The Contact element will specify the e-mail address for the person who maintains the Description Document. The e-mail address must conform to the <alias>@<domain> convention that is specified in RFC 2822. This element is not required in the Description Document, but if it does appear, it can appear only once. The XML tag would look like the following:

<Contact>admin@contoso.msft</Contact>

Tags Element

The Tags element contains one or more words that are used as keywords to identify and categorize the search content. These words must be single words (no phrases are allowed) and are separated by a simple character space. This element is not required in the Description Document, but if it does appear, it can appear only once.
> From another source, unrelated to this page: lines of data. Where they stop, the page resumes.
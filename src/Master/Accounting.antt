-- ===== src/Master/Accounting.antt =====
-- The books of the master: for every search, the chunks that wait or are in flight and those counted
-- as done make up the chunks of the search. A chunk is in neither place while OnMessage handles its
-- result: `late` counts those, by search.
use native.Mathlib.Decide.{ℕ_discrete, dec_lt}
use mathlib.Core.Path.{fun_ext}
use log_grid.Base.{
  List, ap, arith, if◌then◌else◌, length, none, refl, some, subst, sym, ℕ, ◌%◌, ◌+◌, ◌<◌, ◌==◌, ◌^◌,
  ◌∙◌, ◌≡◌, ◌≢◌, ◌≤◌,
}
use log_grid.Base.Assoc.{Distinct, insert, lookup, lookup-insert_ne, lookup-insert_self}
use log_grid.Protocol.{TaskPayload}
use log_grid.Master.State.{MasterServer, SearchSession}
use log_grid.Master.Dispatch.{tasks_of}
use log_grid.Master.Dispatch.Tally.{IgnoresId, Sound, tally}

-- 1 for the tasks of a search, 0 for others.
abbrev pub of_search : ℕ → TaskPayload → ℕ
of_search search_id t = if t.search_id == search_id then 1 else 0

-- The chunks of a search that are still to be done.
abbrev pub outstanding : ℕ → MasterServer → ℕ
outstanding search_id s = tally (of_search search_id) s

pub of_search-IgnoresId : (search_id : ℕ) → IgnoresId (of_search search_id)
of_search-IgnoresId search_id t id = refl

abbrev pub nothing_late : ℕ → ℕ
nothing_late search_id = 0

abbrev pub one_late : ℕ → ℕ → ℕ
one_late late_id search_id = if late_id == search_id then 1 else 0

-- Of one search: the counts of chunks agree. (The two counters are 32-bit patterns.)
pub record Agrees (unfinished : ℕ) (session : SearchSession) : Type 0 where
  pub sum : (unfinished + session.chunks_done) % 2 ^ 32 ≡ session.chunks_total
  pub done_u32 : session.chunks_done < 2 ^ 32

pub record Accounted (late : ℕ → ℕ) (s : MasterServer) : Type 0 where
  pub counted :
      (search_id : ℕ) (session : SearchSession)
      → lookup search_id s.sessions ≡ some session
      → Agrees (outstanding search_id s + late search_id) session
  pub published :
      (search_id : ℕ)
      → lookup search_id s.sessions ≡ none
      → outstanding search_id s + late search_id ≡ 0

-- What dispatching keeps is enough for the books.
pub Sound-Accounted :
    {from s : MasterServer} {late : ℕ → ℕ} → Sound from s → Accounted late from → Accounted late s
Sound-Accounted {from} {s} {late} v a = record {
  counted = λ k session e.
      subst (λ n. Agrees (n + late k) session)
        (sym (v.same_tasks (of_search k) (of_search-IgnoresId k)))
        (a.counted k session (ap (lookup k) (sym v.same_sessions) ∙ e));
  published = λ k e.
      subst (λ n. n + late k ≡ 0) (sym (v.same_tasks (of_search k) (of_search-IgnoresId k)))
        (a.published k (ap (lookup k) (sym v.same_sessions) ∙ e));
}

-- The sessions are no part of a tally.
pub tally-sessions :
    (f : TaskPayload → ℕ) (m : List (ℕ × SearchSession)) (s : MasterServer)
    → tally f (record s { sessions = m }) ≡ tally f s
unfolding tally
tally-sessions f m s = refl

-- A session replaced by another that keeps its own books.
pub Accounted-insert :
    {late late' : ℕ → ℕ} (id : ℕ) (old new : SearchSession) (s : MasterServer)
    → lookup id s.sessions ≡ some old
    → (Agrees (outstanding id s + late id) old → Agrees (outstanding id s + late' id) new)
    → ((k : ℕ) → id ≢ k → late' k ≡ late k)
    → Accounted late s
    → Accounted late' (record s { sessions = insert id new s.sessions })
unfolding tally
Accounted-insert {late} {late'} id old new s e keeps others a = record {
  counted = λ k session found. elim (ℕ_discrete id k) [
    | yes same ↦
        let here : lookup k (insert id new s.sessions) ≡ some new =
          subst (λ j. lookup j (insert id new s.sessions) ≡ some new) same
            (lookup-insert_self id new s.sessions) in
        let it : new ≡ session = ground arith in
        subst (λ j. Agrees (outstanding j s + late' j) session) same
          (subst (Agrees (outstanding id s + late' id)) it (keeps (a.counted id old e)))
    | no apart ↦
        let there = lookup-insert_ne id k new s.sessions apart in
        subst (λ n. Agrees (outstanding k s + n) session) (sym (others k apart))
          (a.counted k session (sym there ∙ found))
  ];
  published = λ k none_there. elim (ℕ_discrete id k) [
    | yes same ↦
        let here : lookup k (insert id new s.sessions) ≡ some new =
          subst (λ j. lookup j (insert id new s.sessions) ≡ some new) same
            (lookup-insert_self id new s.sessions) in
        absurd (ground arith)
    | no apart ↦
        let there = lookup-insert_ne id k new s.sessions apart in
        subst (λ n. outstanding k s + n ≡ 0) (sym (others k apart))
          (a.published k (sym there ∙ none_there))
  ];
}

-- The invariant of the master, with `late` chunks in neither place.
pub record InvWith (late : ℕ → ℕ) (s : MasterServer) : Type 0 where
  pub distinct : Distinct s.in_flight_tasks
  pub fresh : (client id : ℕ) → s.next_task_id < id → lookup id (tasks_of client s) ≡ none
  pub books : Accounted late s
  pub unpublished : (id : ℕ) → s.next_search_id ≤ id → lookup id s.sessions ≡ none

-- In between two messages.
abbrev pub Inv : MasterServer → Type 0
Inv s = InvWith nothing_late s

module _ {late : ℕ → ℕ} where
  -- In order with enough ids left, a state is sound with respect to itself.
  pub Inv-Sound :
      {s : MasterServer}
      → s.next_task_id + length s.pending_tasks < 2 ^ 64
      → InvWith late s
      → Sound s s
  Inv-Sound room v = record {
    distinct = v.distinct;
    fresh = v.fresh;
    room = room;
    same_sessions = refl;
    same_next = refl;
    same_tasks = λ f ignores. refl;
  }

  pub Sound-Inv : {from s : MasterServer} → Sound from s → InvWith late from → InvWith late s
  Sound-Inv v inv = record {
    distinct = v.distinct;
    fresh = v.fresh;
    books = Sound-Accounted v inv.books;
    unpublished =
        λ id h. ap (lookup id) v.same_sessions ∙ inv.unpublished id (omega (arith, v.same_next));
  }

  -- A known session is not one of those to come.
  pub session_lt_next :
      {s : MasterServer} {session : SearchSession} (id : ℕ)
      → InvWith late s
      → lookup id s.sessions ≡ some session
      → id < s.next_search_id
  session_lt_next {s} id v e = elim (dec_lt id s.next_search_id) [
    | yes less ↦ less
    | no more ↦ absurd (ground (arith, v.unpublished id (omega arith)))
  ]

-- The same for a session that takes another's place.
pub Inv-insert :
    {late late' : ℕ → ℕ} (id : ℕ) (old new : SearchSession) (s : MasterServer)
    → lookup id s.sessions ≡ some old
    → (Agrees (outstanding id s + late id) old → Agrees (outstanding id s + late' id) new)
    → ((k : ℕ) → id ≢ k → late' k ≡ late k)
    → InvWith late s
    → InvWith late' (record s { sessions = insert id new s.sessions })
Inv-insert id old new s e keeps others v = record {
  distinct = v.distinct;
  fresh = v.fresh;
  books = Accounted-insert id old new s e keeps others v.books;
  unpublished = λ k h.
      lookup-insert_ne id k new s.sessions (omega (arith, session_lt_next id v e))
      ∙ v.unpublished k h;
}

-- Only the counts of late chunks matter.
pub InvWith-late :
    {late late' : ℕ → ℕ} {s : MasterServer}
    → ((k : ℕ) → late k ≡ late' k)
    → InvWith late s
    → InvWith late' s
InvWith-late {s = s} same v = subst (λ l. InvWith l s) (fun_ext same) v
The XML tag would look like the following:

<Tags>clothing boots</Tags>

Image Element

If you want to associate an image with the search content, you’ll want to use the Image element in the Description Document. The value entered must be a Uniform Resource Indicator (URI), which is described in RFC 3986.
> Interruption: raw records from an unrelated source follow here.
-- ===== src/Master/Books/Publish.antt =====
-- A new search and its status: AllocateSearchId, AddPendingTasks and GetStatus.
use native.Mathlib.Decide.{ℕ_discrete}
use mathlib.Core.Option
use log_grid.Base.{
  ==_iff, All, Bool-cases, List, Option-cases, [], ap, arith, inl, inr, length, none, refl, some,
  some_injective, subst, sum_by, sum_by-append, sym, ℕ, ◌%◌, ◌+◌, ◌<◌, ◌==◌, ◌^◌, ◌↔◌, ◌∙◌, ◌∷◌,
  ◌≡◌, ◌≢◌,
}
use log_grid.Base.Assoc.{insert, lookup, lookup-insert, lookup-insert_ne, lookup-insert_self}
use log_grid.Protocol.{TaskPayload}
use log_grid.Master.State.{
  MasterServer, SearchSession, SearchState, SearchStatus, add_pending_tasks, allocate_search_id,
  done, get_status, init, running, status_of,
}
use log_grid.Master.Dispatch.Tally.{tally}
use log_grid.Master.Accounting.{Agrees, Inv, InvWith, nothing_late, of_search, outstanding}

-- A master that has just started.
pub init-Inv : Inv init
unfolding tally
init-Inv = record {
  distinct = tt;
  fresh = λ client id less. refl;
  books = record { counted = λ k session e. absurd (ground arith); published = λ k e. refl };
  unpublished = λ id h. refl;
}

pub sum_by-of_search_self :
    (id : ℕ) (tasks : List TaskPayload)
    → All (λ t. t.search_id ≡ id) tasks
    → sum_by (of_search id) tasks ≡ length tasks
sum_by-of_search_self id [] h = refl
sum_by-of_search_self id (t ∷ tasks) h = ground (arith, sum_by-of_search_self id tasks h.1)

pub sum_by-of_search_ne :
    (id k : ℕ) (tasks : List TaskPayload)
    → id ≢ k
    → All (λ t. t.search_id ≡ id) tasks
    → sum_by (of_search k) tasks ≡ 0
sum_by-of_search_ne id k [] apart h = refl
sum_by-of_search_ne id k (t ∷ tasks) apart h =
    ground (arith, sum_by-of_search_ne id k tasks apart h.1)

-- What holds of the id that AllocateSearchId gives out, and of the state that it leaves.
abbrev GivenOut : (ℕ → ℕ) → ℕ × MasterServer → Type 0
GivenOut late (id, s) = InvWith late s × (id < s.next_search_id) × (lookup id s.sessions ≡ none)

pub allocate_search_id-InvWith :
    {late : ℕ → ℕ} (s : MasterServer)
    → s.next_search_id + 1 < 2 ^ 64
    → InvWith late s
    → GivenOut late (allocate_search_id s)
unfolding allocate_search_id tally
allocate_search_id-InvWith s room v = (
  record {
    distinct = v.distinct;
    fresh = v.fresh;
    books = record { counted = v.books.counted; published = v.books.published };
    unpublished = λ id h. v.unpublished id (omega arith);
  },
  omega arith,
  v.unpublished s.next_search_id (omega arith),
)

-- An id that AllocateSearchId gives out is not one of a known search, and is below the ids to
-- come, while the 64-bit counter does not wrap; the books are kept.
pub allocate_search_id-Inv :
    (s : MasterServer)
    → s.next_search_id + 1 < 2 ^ 64
    → Inv s
    → Inv (allocate_search_id s).1
      × ((allocate_search_id s).0 < (allocate_search_id s).1.next_search_id)
      × (lookup (allocate_search_id s).0 (allocate_search_id s).1.sessions ≡ none)
allocate_search_id-Inv s room v = allocate_search_id-InvWith s room v

module _ (session : SearchSession) (tasks : List TaskPayload) (s : MasterServer) where
  abbrev published_session : SearchSession
  published_session = record session { chunks_total = length tasks % 2 ^ 32 }

  pub tally-add_pending_tasks :
      (f : TaskPayload → ℕ)
      → tally f (add_pending_tasks session tasks s) ≡ tally f s + sum_by f tasks
  unfolding add_pending_tasks tally
  tally-add_pending_tasks f = omega (arith, sum_by-append f s.pending_tasks tasks)

  pub sessions-add_pending_tasks :
      (add_pending_tasks session tasks s).sessions
      ≡ insert session.search_id published_session s.sessions
  unfolding add_pending_tasks
  sessions-add_pending_tasks = refl

  module _ {late : ℕ → ℕ} (own : All (λ t. t.search_id ≡ session.search_id) tasks)
      (none_done : session.chunks_done ≡ 0) (unknown : lookup session.search_id s.sessions ≡ none)
      (v : InvWith late s) where
    counted_after :
        (k : ℕ) (found : SearchSession)
        → lookup k (add_pending_tasks session tasks s).sessions ≡ some found
        → Agrees (outstanding k (add_pending_tasks session tasks s) + late k) found
    counted_after k found e = elim (ℕ_discrete session.search_id k) [
      | yes same ↦
          let here : lookup k (insert session.search_id published_session s.sessions)
              ≡ some published_session =
            subst
              (λ j.
                lookup j (insert session.search_id published_session s.sessions)
                ≡ some published_session)
              same (lookup-insert_self session.search_id published_session s.sessions) in
          let it : published_session ≡ found =
            some_injective (sym here ∙ (ap (lookup k) (sym sessions-add_pending_tasks) ∙ e)) in
          subst (λ j. Agrees (outstanding j (add_pending_tasks session tasks s) + late j) found)
            same
            (subst (Agrees _) it (record {
              sum = omega (
                arith,
                none_done,
                tally-add_pending_tasks (of_search session.search_id),
                sum_by-of_search_self session.search_id tasks own,
                v.books.published session.search_id unknown,
              );
              done_u32 = omega (arith, none_done);
            }))
      | no apart ↦
          subst (λ n. Agrees n found)
            (omega (
              arith,
              tally-add_pending_tasks (of_search k),
              sum_by-of_search_ne session.search_id k tasks apart own,
            ))
            (v.books.counted k found (
              sym (lookup-insert_ne session.search_id k published_session s.sessions apart)
              ∙ (ap (lookup k) (sym sessions-add_pending_tasks) ∙ e)))
    ]

    published_after :
        (k : ℕ)
        → lookup k (add_pending_tasks session tasks s).sessions ≡ none
        → outstanding k (add_pending_tasks session tasks s) + late k ≡ 0
    published_after k e =
        let gone = ap (lookup k) (sym sessions-add_pending_tasks) ∙ e in
        elim (ℕ_discrete session.search_id k) [
          | yes same ↦
              absurd
                (ground (arith, lookup-insert session.search_id k published_session s.sessions))
          | no apart ↦ omega (
            arith,
            tally-add_pending_tasks (of_search k),
            sum_by-of_search_ne session.search_id k tasks apart own,
            v.books.published k (
                sym (lookup-insert_ne session.search_id k published_session s.sessions apart)
                ∙ gone),
          )
        ]

    pub add_pending_tasks-InvWith :
        session.search_id < s.next_search_id → InvWith late (add_pending_tasks session tasks s)
    add_pending_tasks-InvWith given_out = record {
      distinct = unfold add_pending_tasks in v.distinct;
      fresh = unfold add_pending_tasks in v.fresh;
      books = record { counted = counted_after; published = published_after };
      unpublished =
          unfold add_pending_tasks in
          λ id h.
            lookup-insert_ne session.search_id id published_session s.sessions (omega arith)
            ∙ v.unpublished id h;
    }

  -- A search that is published with tasks of its own and no chunk done, under an id that was given
  -- out and not used, keeps the books.
  pub add_pending_tasks-Inv :
      All (λ t. t.search_id ≡ session.search_id) tasks
      → session.chunks_done ≡ 0
      → lookup session.search_id s.sessions ≡ none
      → Inv s
      → session.search_id < s.next_search_id
      → Inv (add_pending_tasks session tasks s)
  add_pending_tasks-Inv own none_done unknown v given_out =
      add_pending_tasks-InvWith own none_done unknown v given_out

abbrev is_running : SearchState → ℕ
is_running running = 1
is_running done = 0

running≢done : running ≢ done
running≢done e = omega (arith, ap is_running e)

status_of-done_iff :
    (unfinished : ℕ) (session : SearchSession)
    → unfinished < 2 ^ 32
    → Agrees unfinished session
    → ((status_of session).state ≡ done) ↔ (unfinished ≡ 0)
status_of-done_iff unfinished session small a =
    elim (Bool-cases (session.chunks_done == session.chunks_total)) [
      | inl same ↦ rw same (
        (λ e.
            omega
              (arith, a.sum, a.done_u32, (==_iff session.chunks_done session.chunks_total).0 same)),
        λ e. refl,
      )
      | inr apart ↦
          rw apart ((λ e. absurd (running≢done e)), λ e. absurd (ground (arith, a.sum, a.done_u32)))
    ]

pub get_status-done_with :
    {late : ℕ → ℕ} (id : ℕ) (s : MasterServer) (status : SearchStatus)
    → InvWith late s
    → outstanding id s + late id < 2 ^ 32
    → get_status s id ≡ some status
    → (status.state ≡ done) ↔ (outstanding id s + late id ≡ 0)
unfolding get_status
get_status-done_with {late} id s status v small e = elim (Option-cases (lookup id s.sessions)) [
  | inl unknown ↦ absurd (ground arith)
  | inr (session, known) ↦
      let it : status_of session ≡ status =
        some_injective (sym (ap (Option.map status_of) known) ∙ e) in
      subst (λ st. (st.state ≡ done) ↔ (outstanding id s + late id ≡ 0)) it
        (status_of-done_iff (outstanding id s + late id) session small
          (v.books.counted id session known))
]

-- GetStatus reports a known search as done exactly when none of its chunks wait or are in flight,
-- as long as the books are in order and there are less than 2 ^ 32 of those chunks.
pub get_status-done_iff :
    (id : ℕ) (s : MasterServer) (status : SearchStatus)
    → Inv s
    → outstanding id s < 2 ^ 32
    → get_status s id ≡ some status
    → (status.state ≡ done) ↔ (outstanding id s ≡ 0)
get_status-done_iff id s status v small e =
    let none_late : outstanding id s + nothing_late id ≡ outstanding id s = omega arith in
    subst (λ n. (status.state ≡ done) ↔ (n ≡ 0)) none_late
      (get_status-done_with id s status v (omega arith) e)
Note URIs are a standard way of identifying resources, both real and logical, on the Internet. URLs are similar to URIs in that, while they specify the location of the resource, they also include the method of finding that resource. URIs often include the method of finding the resource, but are not required to do so.

The Image element is not required as part of the Description Document, and it can appear from zero to n number of times. It must appear within the OpenSearchDescription tags.

There are three attributes that accompany the Image element, and they are as follows:

Height Specifies the height of the image and must be a non-negative integer.
Width Specifies the width of the image and must be a non-negative integer.
Type Specifies the MIME Image subtype and must be a valid MIME type. Possible subtypes include common formats like jpeg, bmp, png, gif, or tiff. There are also vendor-specific types identified with the beginning vnd suffix, such as vnd.microsoft.icon.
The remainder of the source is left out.